Following the U.S. State Department’s warning about potential sanctions risks related to IPGL’s involvement in Chabahar, Indian officials, including External Affairs Minister S. Jaishankar, have reaffirmed their commitment to the port project. They have also said that the port’s operations are in line with the IFCA and serve broader regional interests. Furthermore, IPGL has worked closely with Indian authorities to ensure that all activities at Chabahar comply with relevant international regulations and to mitigate any potential risks associated with U.S. sanctions.
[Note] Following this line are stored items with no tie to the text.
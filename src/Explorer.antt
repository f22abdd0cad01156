-- ===== src/Explorer.antt =====
-- explorerapi/server.go: the Explorer's HTTP API. Its configuration, requests and responses.
pub mod Base64
pub mod Parse
pub mod Filters
pub mod Respond
pub mod Handlers
pub mod Archives
pub mod Routes
pub mod Bodies
pub mod Cases
pub mod Scope
pub mod Answers
pub mod Paging
pub mod Sent
mod Tests
use trail.Prelude.{ℕ, ◌==◌, Bool, Option, none, some, List, Text, if◌then◌else◌}
use trail.Prelude.Int.{ℤ, pos, ltb_ℤ}
use trail.Payload.{Time, Ref}
use trail.Payload.Store.{Stores, Answer}
use trail.Storage.{EventRecord}
use trail.Storage.Query.{
  Cursor, FlowSummary, FlowDetail, ExecutionSummary, EntitySummary, Overview, OverviewActivity,
  ExplorerStore,
}
use trail.Archive.{Receipt, RestoreResult, Library}
use trail.Archive.Restore.{Target}

-- What the handlers read of a request. `segments` is the path; `query` is `r.URL.Query().Get`, the
-- empty text for a key that is missing, and `origin` is the header `Origin`.
pub record Request : Type 0 where
  pub method : Text
  pub segments : List Text
  pub query : Text → Text
  pub origin : Text

-- `r.PathValue(name)`, by the list of the values.
abbrev pub PathValues : Type 0
PathValues = List (Text × Text)

pub data PageItems : Type 0 where
  flow_items : List FlowSummary → PageItems
  execution_items : List ExecutionSummary → PageItems
  entity_items : List EntitySummary → PageItems
  event_items : List EventRecord → PageItems

-- The value that a response's JSON encodes, the bytes of a payload, or nothing. `error` holds a
-- code and a message, `page` the next cursor and whether there is more.
pub data Body : Type 0 where
  overview_body : Overview → Body
  activity_body : OverviewActivity → Body
  flow_body : FlowDetail → Body
  execution_body : ExecutionSummary → Body
  retries_body : List ExecutionSummary → Body
  entity_body : EntitySummary → Body
  event_body : EventRecord → Body
  page : PageItems → Text → Bool → Body
  archives_body : List Receipt → Bool → Body
  archive_body : Receipt → Body
  chunk_body : List EventRecord → ℤ → Bool → Body
  restore_body : RestoreResult → Body
  content : Text → Body
  error : Text → Text → Body
  no_body : Body

pub record Response : Type 0 where
  pub status : ℕ
  pub headers : List (Text × Text)
  pub body : Body

-- `archive.Catalog`
pub record Catalog : Type 0 where
  pub list_archives : ℤ → ℤ → Answer (List Receipt × Bool)
  pub get_archive : Text → Answer Receipt

-- What the package calls of the standard library: RFC 3339 times (`none` is an error), the JSON of
-- cursors, and what `http.ServeMux` answers where no pattern matches.
pub record Web : Type 0 where
  pub parse_time : Text → Option Time
  pub encode_cursor_json : Cursor → Text
  pub decode_cursor_json : Text → Option Cursor
  pub unrouted : Request → Response

-- `Config`. A nil field is `none`.
pub record Config (S : Stores) (lib : Library) : Type 0 where
  pub store : ExplorerStore
  pub payload_stores : Text → Option S.Handle
  pub max_payload_bytes : ℤ
  pub allowed_origins : List Text
  pub archive_catalog : Option Catalog
  pub archive_store : Option S.Handle
  pub archive_restore : Option (Target S lib)
  pub enable_restore : Bool

-- `New`: the default of the limit. The store is not nil.
unfoldable pub new : (S : Stores) (lib : Library) → Config S lib → Config S lib
new S lib cfg =
    if ltb_ℤ (pos 0) cfg.max_payload_bytes
    then cfg
    else record cfg { max_payload_bytes = pos 1_048_576 }
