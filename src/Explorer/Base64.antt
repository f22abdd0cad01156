-- ===== src/Explorer/Base64.antt =====
-- encoding/base64: `RawURLEncoding`, by which explorerapi/server.go codes its cursors.
use trail.Prelude.{
  ℕ, ◌+◌, ◌-◌, ◌*◌, ◌/◌, ◌%◌, ◌≡◌, refl, ap, ◌∙◌, Bool, true, false, not, ◌&&◌, ◌||◌, Option, none,
  some, [], ◌∷◌, Text, codes, All, get_or, leb, ◌==◌, if◌then◌else◌, arith,
}
use trail.Id.{IsByte}
use trail.Id.RoundTrip.{table_holds, table_lookup}

abbrev url_alphabet : Text
url_alphabet = codes "ABCDEFGHIJKLMNOPQRSTUVWXYZabcdefghijklmnopqrstuvwxyz0123456789-_"

-- The character of six bits.
unfoldable pub char_of : ℕ → ℕ
char_of d = get_or url_alphabet (d % 64) 0

-- `RawURLEncoding.EncodeToString`: three bytes are four characters.
unfoldable pub encode_base64 : Text → Text
encode_base64 [] = []
encode_base64 (a ∷ []) = char_of (a / 4) ∷ char_of (a * 16) ∷ []
encode_base64 (a ∷ b ∷ []) = char_of (a / 4) ∷ char_of (a * 16 + b / 16) ∷ char_of (b * 4) ∷ []
encode_base64 (a ∷ b ∷ c ∷ bytes) =
    char_of (a / 4)
    ∷ char_of (a * 16 + b / 16)
    ∷ char_of (b * 4 + c / 64)
    ∷ char_of c
    ∷ encode_base64 bytes

unfoldable pub char_value : ℕ → Option ℕ
char_value c =
    if leb b'A' c && leb c b'Z'
    then some (c - b'A')
    else if leb b'a' c && leb c b'z'
    then some (c - b'a' + 26)
    else if leb b'0' c && leb c b'9'
    then some (c - b'0' + 52)
    else if c == b'-'
    then some 62
    else if c == b'_'
    then some 63
    else none

-- Newlines and carriage returns are skipped.
unfoldable pub skip_newlines : Text → Text
skip_newlines [] = []
skip_newlines (c ∷ text) =
    let rest = skip_newlines text in if c == 10 || c == 13 then rest else c ∷ rest

abbrev pub join_two : Option ℕ → Option ℕ → Option Text
join_two (some x) (some y) = some ((x * 4 + y / 16) ∷ [])
join_two _ _ = none

abbrev pub join_three : Option ℕ → Option ℕ → Option ℕ → Option Text
join_three (some x) (some y) (some z) = some ((x * 4 + y / 16) ∷ (y * 16 + z / 4) % 256 ∷ [])
join_three _ _ _ = none

abbrev pub join_four : Option ℕ → Option ℕ → Option ℕ → Option ℕ → Option Text → Option Text
join_four (some x) (some y) (some z) (some w) (some rest) =
    some ((x * 4 + y / 16) ∷ (y * 16 + z / 4) % 256 ∷ (z * 64 + w) % 256 ∷ rest)
join_four _ _ _ _ _ = none

-- Groups of four characters. The last group may have two or three; its spare bits are ignored.
unfoldable pub decode_groups : Text → Option Text
decode_groups [] = some []
decode_groups (a ∷ []) = none
decode_groups (a ∷ b ∷ []) = join_two (char_value a) (char_value b)
decode_groups (a ∷ b ∷ c ∷ []) = join_three (char_value a) (char_value b) (char_value c)
decode_groups (a ∷ b ∷ c ∷ d ∷ text) =
    join_four (char_value a) (char_value b) (char_value c) (char_value d) (decode_groups text)

-- `RawURLEncoding.DecodeString`
unfoldable pub decode_base64 : Text → Option Text
decode_base64 text = decode_groups (skip_newlines text)

abbrev holds : Option ℕ → ℕ → Bool
holds none d = false
holds (some v) d = v == d

-- The character of a value has that value, and is no newline.
abbrev char_test : ℕ → Bool
char_test d = holds (char_value (char_of d)) d && not (char_of d == 10) && not (char_of d == 13)

char_table : table_holds char_test 64 ≡ true
unfolding table_holds char_value char_of
char_table = refl

char_mod : (d : ℕ) → char_of (d % 64) ≡ char_of d
unfolding char_of
char_mod d = let e : d % 64 % 64 ≡ d % 64 = omega arith in ap (λ (n : ℕ). get_or url_alphabet n 0) e

holds_sound : (o : Option ℕ) (d : ℕ) → holds o d ≡ true → o ≡ some d
holds_sound none d h = cc
holds_sound (some v) d h = ground arith

char_value-char_of : (d : ℕ) → char_value (char_of d) ≡ some (d % 64)
char_value-char_of d = ground (
  arith,
  char_mod d,
  holds_sound (char_value (char_of (d % 64))) (d % 64),
  table_lookup char_test 64 (d % 64) char_table,
)

skip_newlines-char :
    (d : ℕ) (text : Text) → skip_newlines (char_of d ∷ text) ≡ char_of d ∷ skip_newlines text
unfolding skip_newlines
skip_newlines-char d text =
    ground (arith, char_mod d, table_lookup char_test 64 (d % 64) char_table)

skip_newlines-encode_base64 :
    (bytes : Text) → skip_newlines (encode_base64 bytes) ≡ encode_base64 bytes
unfolding encode_base64
skip_newlines-encode_base64 [] = unfold skip_newlines in refl
skip_newlines-encode_base64 (a ∷ []) = simp (skip_newlines-char) (unfold skip_newlines in refl)
skip_newlines-encode_base64 (a ∷ b ∷ []) = simp (skip_newlines-char) (unfold skip_newlines in refl)
skip_newlines-encode_base64 (a ∷ b ∷ c ∷ bytes) =
    simp (skip_newlines-char, skip_newlines-encode_base64 bytes) refl

decode_groups-encode_base64 :
    (bytes : Text) → All IsByte bytes → decode_groups (encode_base64 bytes) ≡ some bytes
unfolding encode_base64 decode_groups
decode_groups-encode_base64 [] h = refl
decode_groups-encode_base64 (a ∷ []) (ha, _) = simp (char_value-char_of) (ground (arith))
decode_groups-encode_base64 (a ∷ b ∷ []) (ha, (hb, _)) = simp (char_value-char_of) (ground (arith))
decode_groups-encode_base64 (a ∷ b ∷ c ∷ bytes) (ha, (hb, (hc, hs))) =
    simp (char_value-char_of, decode_groups-encode_base64 bytes hs) (ground (arith))

pub decode_base64-encode_base64 :
    (bytes : Text) → All IsByte bytes → decode_base64 (encode_base64 bytes) ≡ some bytes
unfolding decode_base64
decode_base64-encode_base64 bytes h =
    ap decode_groups (skip_newlines-encode_base64 bytes) ∙ decode_groups-encode_base64 bytes h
In conclusion, the latest agreement between New Delhi and Tehran underscores India’s unwavering commitment to enhancing connectivity with Afghanistan and Central Asia via Chabahar port. This connectivity is facilitated through a blend of port infrastructure, road and rail networks, and trade corridors that ensure the seamless transport of goods. India has already constructed a 218-kilometer highway linking Zaranj, near the Iran-Afghanistan border, to Delaram in Afghanistan, integrating into the Afghan ring road, which connects major cities such as Kabul, Herat, and Mazar-i-Sharif. Plans are also underway to bolster rail connectivity between Chabahar and various regions in Afghanistan and Central Asia. The developing Chabahar-Zahedan Railway aims to link Chabahar port to Zahedan, from where the rail network extends to the broader Iranian national rail grid, thereby enhancing connectivity to Afghanistan and beyond.
India’s investment in Chabahar port is driven not only by economic and strategic imperatives but also by New Delhi’s vision of regional stability and development. The broader implications of the latest developments in India-U.S. relations vis-a-vis India-Iran relations hinge on diplomatic negotiations and mutual strategic interests. Continued exemptions under the IFCA are possible but require careful diplomatic maneuvering to ensure India’s engagements with Iran do not undermine its relations with the United States.